▶ **Dataset excerpts**:
::::::::
-- ===== src/Servers/Sent.antt =====
-- What a client of connection_handler is sent.
use c_teaching.Prelude.{
  ℕ, ◌+◌, ◌-◌, ◌≤◌, ◌≡◌, sym, ap, ◌∙◌, if◌then◌else◌, length, take, length-append, length-take,
  take-all, append_assoc, append-nil, Bool, true, false, List, [], ◌++◌, Bool-cases, inl, inr,
  arith,
}
use c_teaching.Sys.{eintr, Reply, ok, bytes, fail}
use c_teaching.Servers.Handler.{Pc, State, is_quit, send_bytes, step, begin, Possible}

-- The bytes of a recv() that have to be echoed.
abbrev pub to_echo : Pc → Reply → List ℕ
to_echo Pc.receiving (bytes bs) = if is_quit bs then [] else bs
to_echo _ _ = []

-- How many bytes a send() has not taken.
abbrev pub shortfall : State → Pc → Reply → ℕ
shortfall s Pc.welcoming (ok n) = length s.buf - n
shortfall s Pc.echoing (ok n) = length s.buf - n
shortfall _ _ _ = 0

-- A run of one handler that begins with the message `welcome`: `got` is all that has to be echoed
-- so far, and `lost` adds up what the calls of send() have not taken.
pub data Reach (welcome : List ℕ) : State → Pc → List ℕ → ℕ → Type 0 where
  start : Reach welcome (begin welcome) Pc.welcoming [] 0
  next :
      {s : State} {pc : Pc} {got : List ℕ} {lost : ℕ} (r : Reply)
      → Reach welcome s pc got lost
      → Possible s pc r
      → Reach welcome
          (step s pc r).0
          (step s pc r).1
          (got ++ to_echo pc r)
          (lost + shortfall s pc r)

-- The bytes that the handler is about to send.
abbrev pub unsent : State → Pc → List ℕ
unsent s Pc.welcoming = s.buf
unsent s Pc.echoing = s.buf
unsent s _ = []

-- `all` is what the client should be sent.
abbrev pub Accounts : List ℕ → ℕ → State → Pc → Type 0
Accounts all lost s Pc.exited = Unit {0}
Accounts all lost s pc =
    (length s.out + length (unsent s pc) + lost ≡ length all)
    × (lost ≡ 0 → s.out ++ unsent s pc ≡ all)

-- A send(), after which the rest of the buffer is forgotten.
sent-Accounts :
    (s : State) (all : List ℕ) (lost n : ℕ)
    → Accounts all lost s Pc.echoing
    → n ≤ length s.buf
    → Accounts (all ++ []) (lost + (length s.buf - n)) (send_bytes s n) Pc.receiving
sent-Accounts s all lost n acc le = rw (append-nil all) (
  omega (arith, acc.0, length-append s.out (take n s.buf), length-take n s.buf),
  λ e.
      append-nil (s.out ++ take n s.buf)
      ∙ ap (λ l. s.out ++ l) (take-all n s.buf (omega arith))
      ∙ acc.1 (omega arith),
)

-- A step that sends nothing and receives nothing.
same-Accounts :
    (all : List ℕ) (lost : ℕ) (s : State) (pc : Pc)
    → Accounts all lost s pc
    → Accounts (all ++ []) (lost + 0) s pc
same-Accounts all lost s pc acc = rw (append-nil all) (subst_lost (zero_right lost))
  where
    zero_right : (lost : ℕ) → lost ≡ lost + 0
    zero_right lost = omega arith

    subst_lost : {k : ℕ} → lost ≡ k → Accounts all k s pc
    subst_lost e = rw e at acc

step-Accounts :
    (s : State) (pc : Pc) (r : Reply) (all : List ℕ) (lost : ℕ)
    → Accounts all lost s pc
    → Possible s pc r
    → Accounts (all ++ to_echo pc r) (lost + shortfall s pc r) (step s pc r).0 (step s pc r).1
unfolding step
step-Accounts s Pc.welcoming (ok n) all lost acc p = sent-Accounts s all lost n acc p.0
step-Accounts s Pc.welcoming (bytes bs) all lost acc p = elim p [ ]
step-Accounts s Pc.welcoming (fail eintr) all lost acc p = same-Accounts all lost s Pc.welcoming acc
step-Accounts s Pc.welcoming (fail e) all lost acc p = tt
step-Accounts s Pc.receiving (ok n) all lost acc p = elim p [ ]
step-Accounts s Pc.receiving (bytes bs) all lost acc p = elim (Bool-cases (is_quit bs)) [
  | inl quit ↦ rw quit (same-Accounts all lost s Pc.receiving acc)
  | inr no_quit ↦ rw no_quit (
    omega (arith, acc.0, length-append all bs),
    λ e. ap (λ l. l ++ bs) (sym (append-nil s.out) ∙ acc.1 (omega arith)),
  )
]
step-Accounts s Pc.receiving (fail eintr) all lost acc p = same-Accounts all lost s Pc.receiving acc
step-Accounts s Pc.receiving (fail e) all lost acc p = tt
step-Accounts s Pc.echoing (ok n) all lost acc p = sent-Accounts s all lost n acc p.0
step-Accounts s Pc.echoing (bytes bs) all lost acc p = elim p [ ]
step-Accounts s Pc.echoing (fail eintr) all lost acc p = same-Accounts all lost s Pc.echoing acc
step-Accounts s Pc.echoing (fail e) all lost acc p = tt
step-Accounts s Pc.closing (ok n) all lost acc p = same-Accounts all lost s Pc.closing acc
step-Accounts s Pc.closing (bytes bs) all lost acc p = elim p [ ]
step-Accounts s Pc.closing (fail e) all lost acc p = tt
step-Accounts s Pc.returned r all lost acc p = elim p [ ]
step-Accounts s Pc.exited r all lost acc p = elim p [ ]

Reach-Accounts :
    {welcome : List ℕ} {s : State} {pc : Pc} {got : List ℕ} {lost : ℕ}
    → Reach welcome s pc got lost
    → Accounts (welcome ++ got) lost s pc
Reach-Accounts {welcome} start =
    (omega (arith, ap length (append-nil welcome)), λ e. sym (append-nil welcome))
Reach-Accounts {welcome} (next {s} {pc} {got} {lost} r before p) =
    rw (sym (append_assoc welcome got (to_echo pc r)))
      (step-Accounts s pc r (welcome ++ got) lost (Reach-Accounts before) p)

-- The handler waits for a message or has been told to quit.
abbrev pub settled : Pc → Bool
settled Pc.receiving = true
settled Pc.closing = true
settled Pc.returned = true
settled _ = false

settled-Accounts :
    (all : List ℕ) (lost : ℕ) (s : State) (pc : Pc)
    → settled pc ≡ true
    → Accounts all lost s pc
    → (length s.out + lost ≡ length all) × (lost ≡ 0 → s.out ≡ all)
settled-Accounts all lost s Pc.welcoming h acc = cc
settled-Accounts all lost s Pc.receiving h acc =
    (omega (arith, acc.0), λ e. sym (append-nil s.out) ∙ acc.1 e)
settled-Accounts all lost s Pc.echoing h acc = cc
settled-Accounts all lost s Pc.closing h acc =
    (omega (arith, acc.0), λ e. sym (append-nil s.out) ∙ acc.1 e)
settled-Accounts all lost s Pc.returned h acc =
    (omega (arith, acc.0), λ e. sym (append-nil s.out) ∙ acc.1 e)
settled-Accounts all lost s Pc.exited h acc = cc

-- Whenever the handler waits for a message, and after QUIT, the client lacks exactly as many bytes
-- of the welcome message and of the messages to echo as single calls of send() have left over; if
-- each call took all it was given, the client has been sent these bytes and no others, in order.
pub out-lost :
    {welcome : List ℕ} {s : State} {pc : Pc} {got : List ℕ} {lost : ℕ}
    → settled pc ≡ true
    → Reach welcome s pc got lost
    → (length s.out + lost ≡ length (welcome ++ got)) × (lost ≡ 0 → s.out ≡ welcome ++ got)
out-lost {welcome} {s} {pc} {got} {lost} h r =
    settled-Accounts (welcome ++ got) lost s pc h (Reach-Accounts r)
::::::::
▶ **Your goal**: What are the lines, exactly as written above, from the line with "shortfall s Pc.echoing" to the line with "Accounts all lost s Pc.exited = Unit", both included? Output only those.

▶ **Exercise output**:
shortfall s Pc.echoing (ok n) = length s.buf - n
shortfall _ _ _ = 0

-- A run of one handler that begins with the message `welcome`: `got` is all that has to be echoed
-- so far, and `lost` adds up what the calls of send() have not taken.
pub data Reach (welcome : List ℕ) : State → Pc → List ℕ → ℕ → Type 0 where
  start : Reach welcome (begin welcome) Pc.welcoming [] 0
  next :
      {s : State} {pc : Pc} {got : List ℕ} {lost : ℕ} (r : Reply)
      → Reach welcome s pc got lost
      → Possible s pc r
      → Reach welcome
          (step s pc r).0
          (step s pc r).1
          (got ++ to_echo pc r)
          (lost + shortfall s pc r)

-- The bytes that the handler is about to send.
abbrev pub unsent : State → Pc → List ℕ
unsent s Pc.welcoming = s.buf
unsent s Pc.echoing = s.buf
unsent s _ = []

-- `all` is what the client should be sent.
abbrev pub Accounts : List ℕ → ℕ → State → Pc → Type 0
Accounts all lost s Pc.exited = Unit {0}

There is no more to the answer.